- _Assignment_:
Where the records below show a line containing "record_429-opens b gateway", start copying; end with the line containing "-- cooldown has passed.", and copy it too.
(Supplied data Opens)
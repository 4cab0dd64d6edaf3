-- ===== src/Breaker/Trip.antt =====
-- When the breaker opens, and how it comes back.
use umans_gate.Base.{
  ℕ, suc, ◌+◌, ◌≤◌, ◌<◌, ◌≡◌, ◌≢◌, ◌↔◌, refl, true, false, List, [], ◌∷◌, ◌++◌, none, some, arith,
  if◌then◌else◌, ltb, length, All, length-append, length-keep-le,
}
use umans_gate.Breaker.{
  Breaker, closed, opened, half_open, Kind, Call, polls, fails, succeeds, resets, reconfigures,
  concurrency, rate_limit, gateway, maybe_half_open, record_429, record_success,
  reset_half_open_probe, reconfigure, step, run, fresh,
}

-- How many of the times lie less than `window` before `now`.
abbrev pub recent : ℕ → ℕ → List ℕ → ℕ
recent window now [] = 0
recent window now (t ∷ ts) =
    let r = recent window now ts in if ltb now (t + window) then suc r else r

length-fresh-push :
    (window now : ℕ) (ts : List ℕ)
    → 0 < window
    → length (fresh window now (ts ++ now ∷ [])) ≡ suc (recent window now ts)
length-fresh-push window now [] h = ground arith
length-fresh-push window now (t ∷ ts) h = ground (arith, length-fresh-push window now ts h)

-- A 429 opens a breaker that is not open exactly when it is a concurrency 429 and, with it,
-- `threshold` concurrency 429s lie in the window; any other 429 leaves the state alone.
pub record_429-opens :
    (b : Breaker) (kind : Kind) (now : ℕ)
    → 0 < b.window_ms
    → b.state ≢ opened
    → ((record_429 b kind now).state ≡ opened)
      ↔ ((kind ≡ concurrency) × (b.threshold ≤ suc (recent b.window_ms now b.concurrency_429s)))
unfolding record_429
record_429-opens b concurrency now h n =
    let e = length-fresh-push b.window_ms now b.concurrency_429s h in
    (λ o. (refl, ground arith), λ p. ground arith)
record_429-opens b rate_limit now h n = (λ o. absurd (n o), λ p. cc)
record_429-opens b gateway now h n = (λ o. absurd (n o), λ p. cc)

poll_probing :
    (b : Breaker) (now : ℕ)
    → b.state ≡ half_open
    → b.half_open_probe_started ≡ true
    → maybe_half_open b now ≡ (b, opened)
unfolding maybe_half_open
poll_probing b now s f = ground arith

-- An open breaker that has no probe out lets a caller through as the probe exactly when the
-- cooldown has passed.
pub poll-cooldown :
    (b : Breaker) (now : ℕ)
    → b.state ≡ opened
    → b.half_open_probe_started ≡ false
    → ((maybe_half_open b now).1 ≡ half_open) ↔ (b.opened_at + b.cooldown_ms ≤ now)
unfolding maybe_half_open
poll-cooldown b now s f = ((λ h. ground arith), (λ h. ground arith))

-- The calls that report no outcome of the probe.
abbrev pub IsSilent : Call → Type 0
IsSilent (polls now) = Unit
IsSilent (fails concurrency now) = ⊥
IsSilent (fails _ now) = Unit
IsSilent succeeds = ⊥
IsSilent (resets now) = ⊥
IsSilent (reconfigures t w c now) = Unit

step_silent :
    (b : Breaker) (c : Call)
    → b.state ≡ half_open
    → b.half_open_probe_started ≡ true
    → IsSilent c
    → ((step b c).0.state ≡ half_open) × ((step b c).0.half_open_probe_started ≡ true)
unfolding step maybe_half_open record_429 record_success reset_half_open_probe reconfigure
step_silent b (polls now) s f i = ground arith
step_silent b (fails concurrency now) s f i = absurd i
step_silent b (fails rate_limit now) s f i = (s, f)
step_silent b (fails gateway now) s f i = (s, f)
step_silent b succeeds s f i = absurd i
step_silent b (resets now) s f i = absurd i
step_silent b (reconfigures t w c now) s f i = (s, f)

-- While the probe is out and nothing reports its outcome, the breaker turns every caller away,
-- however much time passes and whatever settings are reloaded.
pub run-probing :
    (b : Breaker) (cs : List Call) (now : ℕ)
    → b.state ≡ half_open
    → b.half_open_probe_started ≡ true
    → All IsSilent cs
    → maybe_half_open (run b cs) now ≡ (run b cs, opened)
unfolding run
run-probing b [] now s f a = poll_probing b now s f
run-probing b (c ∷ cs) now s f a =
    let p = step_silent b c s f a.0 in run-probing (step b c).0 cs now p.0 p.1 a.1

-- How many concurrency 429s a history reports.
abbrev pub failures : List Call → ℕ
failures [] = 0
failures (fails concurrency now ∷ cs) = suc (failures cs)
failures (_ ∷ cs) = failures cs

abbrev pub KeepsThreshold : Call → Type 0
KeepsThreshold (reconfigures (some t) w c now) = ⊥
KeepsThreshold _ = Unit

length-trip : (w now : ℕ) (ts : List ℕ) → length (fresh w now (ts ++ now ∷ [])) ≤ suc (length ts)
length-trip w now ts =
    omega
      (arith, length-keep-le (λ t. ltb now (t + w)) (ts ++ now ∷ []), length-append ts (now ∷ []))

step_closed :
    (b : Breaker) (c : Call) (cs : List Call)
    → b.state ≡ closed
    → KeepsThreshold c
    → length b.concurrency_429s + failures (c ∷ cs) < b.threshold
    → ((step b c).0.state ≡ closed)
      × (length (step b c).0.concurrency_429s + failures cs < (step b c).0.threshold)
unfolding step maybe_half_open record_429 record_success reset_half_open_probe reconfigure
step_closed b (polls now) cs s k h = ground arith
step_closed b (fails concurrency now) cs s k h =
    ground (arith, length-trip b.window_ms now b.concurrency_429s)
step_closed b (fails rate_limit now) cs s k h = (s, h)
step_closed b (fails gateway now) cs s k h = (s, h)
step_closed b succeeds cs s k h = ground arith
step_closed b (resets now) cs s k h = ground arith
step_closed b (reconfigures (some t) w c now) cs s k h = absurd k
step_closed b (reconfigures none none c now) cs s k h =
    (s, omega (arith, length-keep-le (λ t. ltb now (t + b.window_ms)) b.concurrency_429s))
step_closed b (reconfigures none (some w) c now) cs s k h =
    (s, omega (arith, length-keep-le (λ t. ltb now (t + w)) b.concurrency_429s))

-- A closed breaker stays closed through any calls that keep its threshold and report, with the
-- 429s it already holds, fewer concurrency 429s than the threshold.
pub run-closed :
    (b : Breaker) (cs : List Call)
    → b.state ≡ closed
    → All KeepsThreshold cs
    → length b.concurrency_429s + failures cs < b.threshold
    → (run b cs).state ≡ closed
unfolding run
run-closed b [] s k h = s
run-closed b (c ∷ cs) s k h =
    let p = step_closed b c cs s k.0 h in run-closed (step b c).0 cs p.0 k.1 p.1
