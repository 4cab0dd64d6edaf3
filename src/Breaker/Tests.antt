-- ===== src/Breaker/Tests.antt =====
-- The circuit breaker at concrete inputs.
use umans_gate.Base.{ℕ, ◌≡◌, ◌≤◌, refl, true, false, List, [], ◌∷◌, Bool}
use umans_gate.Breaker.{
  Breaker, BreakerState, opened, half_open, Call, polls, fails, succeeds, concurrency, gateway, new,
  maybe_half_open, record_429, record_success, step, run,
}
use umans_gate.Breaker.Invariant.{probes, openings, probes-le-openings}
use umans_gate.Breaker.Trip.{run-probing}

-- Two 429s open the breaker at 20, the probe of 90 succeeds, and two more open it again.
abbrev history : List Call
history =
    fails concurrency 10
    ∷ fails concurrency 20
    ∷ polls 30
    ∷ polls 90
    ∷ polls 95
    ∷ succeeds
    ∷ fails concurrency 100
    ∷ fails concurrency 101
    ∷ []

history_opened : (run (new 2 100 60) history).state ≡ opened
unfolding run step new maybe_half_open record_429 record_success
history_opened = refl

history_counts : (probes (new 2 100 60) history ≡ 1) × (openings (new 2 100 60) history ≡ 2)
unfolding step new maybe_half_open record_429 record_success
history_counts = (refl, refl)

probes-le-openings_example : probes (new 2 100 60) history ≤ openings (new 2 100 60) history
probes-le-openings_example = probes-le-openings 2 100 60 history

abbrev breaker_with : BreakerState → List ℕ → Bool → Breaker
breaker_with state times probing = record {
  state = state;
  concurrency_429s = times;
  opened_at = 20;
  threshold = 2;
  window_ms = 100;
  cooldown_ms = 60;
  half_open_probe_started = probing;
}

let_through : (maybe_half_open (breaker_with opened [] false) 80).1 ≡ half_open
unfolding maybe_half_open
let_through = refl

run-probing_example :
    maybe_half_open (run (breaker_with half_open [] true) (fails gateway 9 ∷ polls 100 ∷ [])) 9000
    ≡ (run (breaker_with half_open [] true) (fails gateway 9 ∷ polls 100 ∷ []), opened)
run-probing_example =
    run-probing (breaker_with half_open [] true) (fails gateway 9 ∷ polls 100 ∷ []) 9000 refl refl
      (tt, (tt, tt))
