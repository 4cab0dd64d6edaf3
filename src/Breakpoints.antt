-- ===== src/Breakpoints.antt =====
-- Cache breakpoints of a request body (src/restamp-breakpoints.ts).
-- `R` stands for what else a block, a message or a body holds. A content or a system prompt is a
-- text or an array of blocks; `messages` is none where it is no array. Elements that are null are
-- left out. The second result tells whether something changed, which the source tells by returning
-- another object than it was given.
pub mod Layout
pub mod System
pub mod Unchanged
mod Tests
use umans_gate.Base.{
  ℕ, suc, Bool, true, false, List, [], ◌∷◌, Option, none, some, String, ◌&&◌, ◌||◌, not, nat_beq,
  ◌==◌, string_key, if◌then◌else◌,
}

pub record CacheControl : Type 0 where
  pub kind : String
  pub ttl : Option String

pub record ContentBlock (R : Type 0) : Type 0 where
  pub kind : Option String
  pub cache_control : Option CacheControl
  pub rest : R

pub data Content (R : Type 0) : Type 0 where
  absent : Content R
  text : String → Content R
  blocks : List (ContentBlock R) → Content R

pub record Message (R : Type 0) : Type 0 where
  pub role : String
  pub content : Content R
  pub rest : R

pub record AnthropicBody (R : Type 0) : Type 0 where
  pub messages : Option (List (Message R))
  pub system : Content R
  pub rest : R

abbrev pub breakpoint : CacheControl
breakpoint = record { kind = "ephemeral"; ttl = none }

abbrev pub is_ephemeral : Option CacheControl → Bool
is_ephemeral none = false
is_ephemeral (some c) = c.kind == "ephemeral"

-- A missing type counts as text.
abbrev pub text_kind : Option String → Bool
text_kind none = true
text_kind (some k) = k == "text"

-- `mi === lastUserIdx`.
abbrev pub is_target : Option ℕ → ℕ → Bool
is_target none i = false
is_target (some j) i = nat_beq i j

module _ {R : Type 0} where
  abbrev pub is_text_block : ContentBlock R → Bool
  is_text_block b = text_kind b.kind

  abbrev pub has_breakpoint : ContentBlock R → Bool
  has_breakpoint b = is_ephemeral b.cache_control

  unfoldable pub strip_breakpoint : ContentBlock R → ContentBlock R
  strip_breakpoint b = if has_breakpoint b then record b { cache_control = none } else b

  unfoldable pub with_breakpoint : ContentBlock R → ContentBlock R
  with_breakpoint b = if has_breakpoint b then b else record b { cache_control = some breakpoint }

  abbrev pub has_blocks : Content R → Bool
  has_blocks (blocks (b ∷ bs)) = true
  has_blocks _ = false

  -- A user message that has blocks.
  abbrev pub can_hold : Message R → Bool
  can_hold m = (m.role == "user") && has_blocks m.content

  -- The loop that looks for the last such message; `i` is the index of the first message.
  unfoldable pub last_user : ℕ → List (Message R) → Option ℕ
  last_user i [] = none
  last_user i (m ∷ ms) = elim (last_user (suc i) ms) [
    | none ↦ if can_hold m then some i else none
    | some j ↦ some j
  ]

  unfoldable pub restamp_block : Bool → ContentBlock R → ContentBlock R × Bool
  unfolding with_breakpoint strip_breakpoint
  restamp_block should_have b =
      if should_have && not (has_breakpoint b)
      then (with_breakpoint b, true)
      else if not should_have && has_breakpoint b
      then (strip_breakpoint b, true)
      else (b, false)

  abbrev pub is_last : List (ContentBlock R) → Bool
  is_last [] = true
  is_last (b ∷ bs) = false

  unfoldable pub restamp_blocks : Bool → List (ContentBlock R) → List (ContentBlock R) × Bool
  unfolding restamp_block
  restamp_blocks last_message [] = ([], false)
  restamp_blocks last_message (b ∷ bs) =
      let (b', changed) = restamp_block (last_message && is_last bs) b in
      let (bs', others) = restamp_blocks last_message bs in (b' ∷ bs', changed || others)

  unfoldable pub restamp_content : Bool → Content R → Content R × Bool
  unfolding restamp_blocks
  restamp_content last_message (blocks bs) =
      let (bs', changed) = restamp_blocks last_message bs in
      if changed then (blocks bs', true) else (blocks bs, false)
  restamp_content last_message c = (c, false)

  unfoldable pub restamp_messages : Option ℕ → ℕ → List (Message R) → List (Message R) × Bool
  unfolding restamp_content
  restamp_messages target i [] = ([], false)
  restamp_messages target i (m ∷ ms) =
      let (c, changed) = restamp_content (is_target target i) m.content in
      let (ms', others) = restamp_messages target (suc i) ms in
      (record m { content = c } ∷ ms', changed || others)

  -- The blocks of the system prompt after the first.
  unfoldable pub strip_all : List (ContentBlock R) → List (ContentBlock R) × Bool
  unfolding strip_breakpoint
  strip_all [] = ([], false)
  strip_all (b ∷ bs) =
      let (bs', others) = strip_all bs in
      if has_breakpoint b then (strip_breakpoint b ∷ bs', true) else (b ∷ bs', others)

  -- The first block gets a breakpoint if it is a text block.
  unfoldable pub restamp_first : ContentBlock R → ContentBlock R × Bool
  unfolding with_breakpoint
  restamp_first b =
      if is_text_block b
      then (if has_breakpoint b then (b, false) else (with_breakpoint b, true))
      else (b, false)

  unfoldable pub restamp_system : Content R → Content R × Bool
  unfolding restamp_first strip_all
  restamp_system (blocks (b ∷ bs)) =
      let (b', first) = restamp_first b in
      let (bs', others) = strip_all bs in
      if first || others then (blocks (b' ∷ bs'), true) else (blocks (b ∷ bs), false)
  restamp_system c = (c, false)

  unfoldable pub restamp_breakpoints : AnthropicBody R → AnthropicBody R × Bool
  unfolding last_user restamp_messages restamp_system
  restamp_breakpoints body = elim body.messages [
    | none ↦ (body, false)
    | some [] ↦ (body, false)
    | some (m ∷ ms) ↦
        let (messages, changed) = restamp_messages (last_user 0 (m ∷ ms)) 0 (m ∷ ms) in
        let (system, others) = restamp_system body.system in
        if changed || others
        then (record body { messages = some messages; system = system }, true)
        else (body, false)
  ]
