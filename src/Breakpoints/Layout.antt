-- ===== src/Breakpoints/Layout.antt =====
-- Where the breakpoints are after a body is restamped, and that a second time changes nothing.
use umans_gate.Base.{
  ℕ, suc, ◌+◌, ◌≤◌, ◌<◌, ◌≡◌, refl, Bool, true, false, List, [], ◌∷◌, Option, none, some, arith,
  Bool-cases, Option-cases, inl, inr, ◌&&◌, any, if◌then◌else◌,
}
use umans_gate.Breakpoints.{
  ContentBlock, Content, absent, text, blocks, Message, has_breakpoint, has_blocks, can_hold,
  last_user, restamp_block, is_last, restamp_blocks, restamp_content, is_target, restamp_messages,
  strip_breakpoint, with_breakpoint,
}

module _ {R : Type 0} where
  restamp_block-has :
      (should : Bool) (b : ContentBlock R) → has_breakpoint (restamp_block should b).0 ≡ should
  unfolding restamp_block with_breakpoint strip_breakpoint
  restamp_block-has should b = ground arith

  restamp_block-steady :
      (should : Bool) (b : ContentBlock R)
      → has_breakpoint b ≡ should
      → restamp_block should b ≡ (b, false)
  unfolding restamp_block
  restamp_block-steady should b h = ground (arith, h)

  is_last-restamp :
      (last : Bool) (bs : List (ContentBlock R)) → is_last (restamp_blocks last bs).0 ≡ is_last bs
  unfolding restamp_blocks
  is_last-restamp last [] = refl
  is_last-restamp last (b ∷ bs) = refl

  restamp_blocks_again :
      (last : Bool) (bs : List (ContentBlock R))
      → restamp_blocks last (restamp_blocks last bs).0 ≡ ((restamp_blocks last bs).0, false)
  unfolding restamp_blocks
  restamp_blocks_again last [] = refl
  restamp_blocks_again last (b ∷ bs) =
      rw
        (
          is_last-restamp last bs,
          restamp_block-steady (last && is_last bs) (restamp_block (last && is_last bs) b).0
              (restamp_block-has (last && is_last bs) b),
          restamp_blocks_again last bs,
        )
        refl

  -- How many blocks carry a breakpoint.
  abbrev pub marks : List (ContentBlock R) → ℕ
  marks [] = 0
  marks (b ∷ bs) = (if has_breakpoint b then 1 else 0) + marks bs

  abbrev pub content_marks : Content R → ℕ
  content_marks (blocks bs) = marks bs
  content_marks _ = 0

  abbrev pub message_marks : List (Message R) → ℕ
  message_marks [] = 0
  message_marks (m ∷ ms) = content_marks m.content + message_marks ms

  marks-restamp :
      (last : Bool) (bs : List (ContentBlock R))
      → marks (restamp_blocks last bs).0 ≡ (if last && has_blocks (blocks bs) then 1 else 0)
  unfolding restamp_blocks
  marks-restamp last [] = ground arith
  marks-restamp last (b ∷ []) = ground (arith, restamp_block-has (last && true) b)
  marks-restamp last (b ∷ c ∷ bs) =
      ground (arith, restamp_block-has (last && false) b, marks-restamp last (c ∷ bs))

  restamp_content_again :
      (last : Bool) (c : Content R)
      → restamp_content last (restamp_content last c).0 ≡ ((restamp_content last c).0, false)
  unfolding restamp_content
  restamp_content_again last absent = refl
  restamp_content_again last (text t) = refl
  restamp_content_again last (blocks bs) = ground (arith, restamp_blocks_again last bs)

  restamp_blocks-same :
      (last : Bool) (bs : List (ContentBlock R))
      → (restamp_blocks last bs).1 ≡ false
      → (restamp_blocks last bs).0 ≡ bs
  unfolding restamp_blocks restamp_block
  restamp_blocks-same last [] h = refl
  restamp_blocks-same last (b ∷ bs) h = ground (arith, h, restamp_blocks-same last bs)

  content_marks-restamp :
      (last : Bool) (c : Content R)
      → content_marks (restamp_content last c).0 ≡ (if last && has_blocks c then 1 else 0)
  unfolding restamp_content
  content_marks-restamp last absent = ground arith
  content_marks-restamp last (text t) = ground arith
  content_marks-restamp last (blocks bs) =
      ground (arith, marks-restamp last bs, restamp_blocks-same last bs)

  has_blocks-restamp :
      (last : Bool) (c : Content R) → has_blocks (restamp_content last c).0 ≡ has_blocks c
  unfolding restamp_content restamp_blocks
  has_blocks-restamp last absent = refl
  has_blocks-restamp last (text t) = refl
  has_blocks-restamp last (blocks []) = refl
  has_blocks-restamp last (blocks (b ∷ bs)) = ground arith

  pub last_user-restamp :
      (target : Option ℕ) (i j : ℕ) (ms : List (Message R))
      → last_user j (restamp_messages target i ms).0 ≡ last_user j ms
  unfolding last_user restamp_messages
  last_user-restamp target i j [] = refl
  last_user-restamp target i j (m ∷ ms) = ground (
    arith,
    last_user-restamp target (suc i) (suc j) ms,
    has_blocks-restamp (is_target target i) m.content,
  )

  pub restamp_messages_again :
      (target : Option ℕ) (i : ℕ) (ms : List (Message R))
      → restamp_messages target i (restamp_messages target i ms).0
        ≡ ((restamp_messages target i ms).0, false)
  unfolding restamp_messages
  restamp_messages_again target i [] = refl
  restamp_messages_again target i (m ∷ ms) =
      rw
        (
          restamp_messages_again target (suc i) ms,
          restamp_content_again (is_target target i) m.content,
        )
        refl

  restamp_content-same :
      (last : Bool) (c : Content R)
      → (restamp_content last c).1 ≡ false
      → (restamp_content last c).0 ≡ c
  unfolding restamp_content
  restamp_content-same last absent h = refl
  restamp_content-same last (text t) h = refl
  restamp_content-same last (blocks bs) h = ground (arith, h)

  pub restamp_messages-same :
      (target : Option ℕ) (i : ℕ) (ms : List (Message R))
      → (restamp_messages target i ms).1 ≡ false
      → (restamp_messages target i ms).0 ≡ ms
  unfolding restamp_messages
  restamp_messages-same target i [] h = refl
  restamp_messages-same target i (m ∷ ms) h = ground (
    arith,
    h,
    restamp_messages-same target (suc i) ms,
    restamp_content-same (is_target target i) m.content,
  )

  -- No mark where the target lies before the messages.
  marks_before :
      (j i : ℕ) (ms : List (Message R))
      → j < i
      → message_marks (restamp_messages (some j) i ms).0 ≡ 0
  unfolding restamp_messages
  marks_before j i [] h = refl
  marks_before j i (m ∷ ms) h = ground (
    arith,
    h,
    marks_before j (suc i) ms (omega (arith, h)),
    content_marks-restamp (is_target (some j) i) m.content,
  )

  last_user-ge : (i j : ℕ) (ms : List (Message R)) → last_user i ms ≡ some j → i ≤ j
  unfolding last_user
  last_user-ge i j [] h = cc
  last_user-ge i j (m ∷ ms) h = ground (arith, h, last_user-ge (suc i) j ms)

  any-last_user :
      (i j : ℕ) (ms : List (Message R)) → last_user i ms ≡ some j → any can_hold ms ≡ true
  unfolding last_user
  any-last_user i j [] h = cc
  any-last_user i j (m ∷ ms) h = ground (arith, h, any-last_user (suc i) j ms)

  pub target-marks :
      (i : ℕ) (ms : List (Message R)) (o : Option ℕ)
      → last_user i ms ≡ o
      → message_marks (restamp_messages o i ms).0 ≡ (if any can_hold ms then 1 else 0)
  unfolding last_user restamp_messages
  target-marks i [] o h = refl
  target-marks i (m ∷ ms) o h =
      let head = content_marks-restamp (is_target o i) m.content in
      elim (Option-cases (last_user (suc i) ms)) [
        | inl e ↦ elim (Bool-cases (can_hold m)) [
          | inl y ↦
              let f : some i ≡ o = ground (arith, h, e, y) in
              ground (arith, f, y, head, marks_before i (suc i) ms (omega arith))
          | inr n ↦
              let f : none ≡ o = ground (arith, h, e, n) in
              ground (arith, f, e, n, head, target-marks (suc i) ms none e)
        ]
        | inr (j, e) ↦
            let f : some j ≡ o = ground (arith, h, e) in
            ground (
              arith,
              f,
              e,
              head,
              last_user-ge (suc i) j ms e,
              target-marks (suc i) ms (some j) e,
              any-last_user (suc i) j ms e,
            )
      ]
(Supplied data Closes)
- _Your solution_:
record_429-opens b gateway now h n = (λ o. absurd (n o), λ p. cc)

poll_probing :
    (b : Breaker) (now : ℕ)
    → b.state ≡ half_open
    → b.half_open_probe_started ≡ true
    → maybe_half_open b now ≡ (b, opened)
unfolding maybe_half_open
poll_probing b now s f = ground arith

-- An open breaker that has no probe out lets a caller through as the probe exactly when the
-- cooldown has passed.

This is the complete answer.